=== YOUR INSTRUCTIONS ===
Look through the entries. Copy each line that has the word "Work".

=== INFORMATION SHOWN ===

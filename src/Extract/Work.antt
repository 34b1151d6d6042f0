-- ===== src/Extract/Work.antt =====
-- The extractors of evt_parse.go for the events about children, threads, regions and their data.
use trace2receiver.Common.{String, Option, none, some, string_eq, ◌==◌, if◌then◌else◌, Result, ok}
use trace2receiver.Common.Fallible.{◌>>=◌}
use trace2receiver.Json.{Jmap}
use trace2receiver.Jmap.{
  get_required, get_required_string, get_required_array, get_required_int64, get_required_bool,
  get_optional_string, get_required_string_or_int64, get_required_float64,
}
use trace2receiver.Event.{TrEvent, thread_started, thread_exited}
use trace2receiver.Runtime.{Runtime}

module _ (rt : Runtime) where
  -- "hook_name" is required of the children of class "hook" and read of no other.
  unfoldable pub hook_name_of : String → Jmap → Result (Option String)
  hook_name_of class jm =
      if class == "hook"
      then (do name ← get_required_string jm "hook_name"; ok (some name))
      else ok none

  unfoldable pub extract_keys_child_start : TrEvent → Jmap → Result TrEvent
  unfolding hook_name_of
  extract_keys_child_start evt jm = do
    child_id ← get_required_int64 rt jm "child_id"
    class ← get_required_string jm "child_class"
    use_shell ← get_required_bool jm "use_shell"
    argv ← get_required_array jm "argv"
    hook_name ← hook_name_of class jm
    cd ← get_optional_string jm "cd"
    ok (record evt {
      pm_child_start = some (record {
        mf_child_id = child_id;
        mf_child_class = class;
        mf_use_shell = use_shell;
        mf_argv = argv;
        pmf_hook_name = hook_name;
        pmf_cd = cd;
      });
    })

  unfoldable pub extract_keys_child_exit : TrEvent → Jmap → Result TrEvent
  extract_keys_child_exit evt jm = do
    child_id ← get_required_int64 rt jm "child_id"
    pid ← get_required_int64 rt jm "pid"
    code ← get_required_int64 rt jm "code"
    ok (record evt {
      pm_child_exit = some (record { mf_child_id = child_id; mf_pid = pid; mf_code = code });
    })

  unfoldable pub extract_keys_child_ready : TrEvent → Jmap → Result TrEvent
  extract_keys_child_ready evt jm = do
    child_id ← get_required_int64 rt jm "child_id"
    pid ← get_required_int64 rt jm "pid"
    ready ← get_required_string jm "ready"
    ok (record evt {
      pm_child_ready = some (record { mf_child_id = child_id; mf_pid = pid; mf_ready = ready });
    })

  unfoldable pub extract_keys_thread_start : TrEvent → Jmap → Result TrEvent
  extract_keys_thread_start evt jm = ok (record evt { pm_thread_start = some thread_started })

  unfoldable pub extract_keys_thread_exit : TrEvent → Jmap → Result TrEvent
  extract_keys_thread_exit evt jm = ok (record evt { pm_thread_exit = some thread_exited })

  unfoldable pub extract_keys_exec : TrEvent → Jmap → Result TrEvent
  extract_keys_exec evt jm = do
    exec_id ← get_required_int64 rt jm "exec_id"
    argv ← get_required_array jm "argv"
    exe ← get_optional_string jm "exe"
    ok (record evt {
      pm_exec = some (record { mf_exec_id = exec_id; mf_argv = argv; pmf_exe = exe });
    })

  unfoldable pub extract_keys_exec_result : TrEvent → Jmap → Result TrEvent
  extract_keys_exec_result evt jm = do
    exec_id ← get_required_int64 rt jm "exec_id"
    code ← get_required_int64 rt jm "code"
    ok (record evt { pm_exec_result = some (record { mf_exec_id = exec_id; mf_code = code }) })

  unfoldable pub extract_keys_region_enter : TrEvent → Jmap → Result TrEvent
  extract_keys_region_enter evt jm = do
    nesting ← get_required_int64 rt jm "nesting"
    category ← get_optional_string jm "category"
    label ← get_optional_string jm "label"
    msg ← get_optional_string jm "msg"
    ok (record evt {
      pm_region_enter = some (record {
        mf_nesting = nesting;
        pmf_category = category;
        pmf_label = label;
        pmf_msg = msg;
      });
    })

  unfoldable pub extract_keys_region_leave : TrEvent → Jmap → Result TrEvent
  extract_keys_region_leave evt jm = do
    nesting ← get_required_int64 rt jm "nesting"
    category ← get_optional_string jm "category"
    label ← get_optional_string jm "label"
    msg ← get_optional_string jm "msg"
    ok (record evt {
      pm_region_leave = some (record {
        mf_nesting = nesting;
        pmf_category = category;
        pmf_label = label;
        pmf_msg = msg;
      });
    })

  unfoldable pub extract_keys_data : TrEvent → Jmap → Result TrEvent
  extract_keys_data evt jm = do
    nesting ← get_required_int64 rt jm "nesting"
    category ← get_required_string jm "category"
    key ← get_required_string jm "key"
    value ← get_required_string_or_int64 rt jm "value"
    ok (record evt {
      pm_generic_data = some (record {
        mf_nesting = nesting;
        mf_category = category;
        mf_key = key;
        mf_generic_value = value;
      });
    })

  unfoldable pub extract_keys_data_json : TrEvent → Jmap → Result TrEvent
  extract_keys_data_json evt jm = do
    nesting ← get_required_int64 rt jm "nesting"
    category ← get_required_string jm "category"
    key ← get_required_string jm "key"
    value ← get_required jm "value"
    ok (record evt {
      pm_generic_data = some (record {
        mf_nesting = nesting;
        mf_category = category;
        mf_key = key;
        mf_generic_value = value;
      });
    })

  unfoldable pub extract_keys_timer : TrEvent → Jmap → Result TrEvent
  extract_keys_timer evt jm = do
    category ← get_required_string jm "category"
    name ← get_required_string jm "name"
    intervals ← get_required_int64 rt jm "intervals"
    t_total ← get_required_float64 rt jm "t_total"
    t_min ← get_required_float64 rt jm "t_min"
    t_max ← get_required_float64 rt jm "t_max"
    ok (record evt {
      pm_timer = some (record {
        mf_category = category;
        mf_name = name;
        mf_intervals = intervals;
        mf_t_total = t_total;
        mf_t_min = t_min;
        mf_t_max = t_max;
      });
    })

  unfoldable pub extract_keys_counter : TrEvent → Jmap → Result TrEvent
  extract_keys_counter evt jm = do
    category ← get_required_string jm "category"
    name ← get_required_string jm "name"
    count ← get_required_int64 rt jm "count"
    ok (record evt {
      pm_counter = some (record { mf_category = category; mf_name = name; mf_count = count });
    })
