-- ===== src/Parse.antt =====
-- The parser of evt_parse.go: the table of extractors and `parse_json`. Lines are texts of code
-- points; logging is left out.
pub mod Line
use trace2receiver.Common.{
  String, Bool, Option, none, some, [], ◌∷◌, Dict, lookup, string_eq, ◌==◌, if◌then◌else◌, Result,
  ok,
}
use trace2receiver.Common.Fallible.{◌>>=◌}
use trace2receiver.Common.Text.{trim_space, cut_prefix}
use trace2receiver.Json.{Jmap}
use trace2receiver.Event.{TrEvent, new_event}
use trace2receiver.Extract.{extract_keys_common}
use trace2receiver.Extract.Process.{
  extract_keys_version, extract_keys_start, extract_keys_atexit, extract_keys_signal,
  extract_keys_error, extract_keys_cmd_path, extract_keys_cmd_ancestry, extract_keys_cmd_name,
  extract_keys_cmd_mode, extract_keys_alias, extract_keys_def_param, extract_keys_def_repo,
}
use trace2receiver.Extract.Work.{
  extract_keys_child_start, extract_keys_child_exit, extract_keys_child_ready,
  extract_keys_thread_start, extract_keys_thread_exit, extract_keys_exec, extract_keys_exec_result,
  extract_keys_region_enter, extract_keys_region_leave, extract_keys_data, extract_keys_data_json,
  extract_keys_timer, extract_keys_counter,
}
use trace2receiver.Runtime.{Runtime}

abbrev pub FnExtractKeys : Type 0
FnExtractKeys = TrEvent → Jmap → Result TrEvent

module _ (rt : Runtime) where
  -- `none` is the nil function of an event that is recognised and has no fields to extract.
  unfoldable pub ekm : Dict String (Option FnExtractKeys)
  ekm =
      ("version", some (extract_keys_version rt))
      ∷ ("start", some (extract_keys_start rt))
      ∷ ("exit", some (extract_keys_atexit rt))
      ∷ ("atexit", some (extract_keys_atexit rt))
      ∷ ("signal", some (extract_keys_signal rt))
      ∷ ("error", some (extract_keys_error rt))
      ∷ ("cmd_path", some (extract_keys_cmd_path rt))
      ∷ ("cmd_ancestry", some (extract_keys_cmd_ancestry rt))
      ∷ ("cmd_name", some (extract_keys_cmd_name rt))
      ∷ ("cmd_mode", some (extract_keys_cmd_mode rt))
      ∷ ("alias", some (extract_keys_alias rt))
      ∷ ("child_start", some (extract_keys_child_start rt))
      ∷ ("child_exit", some (extract_keys_child_exit rt))
      ∷ ("child_ready", some (extract_keys_child_ready rt))
      ∷ ("thread_start", some (extract_keys_thread_start rt))
      ∷ ("thread_exit", some (extract_keys_thread_exit rt))
      ∷ ("exec", some (extract_keys_exec rt))
      ∷ ("exec_result", some (extract_keys_exec_result rt))
      ∷ ("def_param", some (extract_keys_def_param rt))
      ∷ ("def_repo", some (extract_keys_def_repo rt))
      ∷ ("region_enter", some (extract_keys_region_enter rt))
      ∷ ("region_leave", some (extract_keys_region_leave rt))
      ∷ ("data", some (extract_keys_data rt))
      ∷ ("data_json", some (extract_keys_data_json rt))
      ∷ ("timer", some (extract_keys_timer rt))
      ∷ ("th_timer", some (extract_keys_timer rt))
      ∷ ("counter", some (extract_keys_counter rt))
      ∷ ("th_counter", some (extract_keys_counter rt))
      ∷ ("too_many_files", none)
      ∷ []

  -- An event that is not recognised, or has a nil extractor, keeps its common fields alone.
  unfoldable pub run_extractor : Option (Option FnExtractKeys) → TrEvent → Jmap → Result TrEvent
  run_extractor none evt jm = ok evt
  run_extractor (some none) evt jm = ok evt
  run_extractor (some (some ekfn)) evt jm = ekfn evt jm

  -- The part of parse_json behind json.Unmarshal.
  unfoldable pub parse_jmap : Jmap → Result TrEvent
  unfolding run_extractor
  parse_jmap jm = do
    evt ← extract_keys_common rt new_event jm
    run_extractor (lookup evt.mf_event ekm) evt jm

  unfoldable pub parse_json : String → Result TrEvent
  unfolding parse_jmap
  parse_json line = do jm ← rt.unmarshal line; parse_jmap jm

=== TASK SOLUTION ===
filename src/Extract/Work.antt
-- ===== src/Extract/Work.antt =====
use trace2receiver.Extract.Work.{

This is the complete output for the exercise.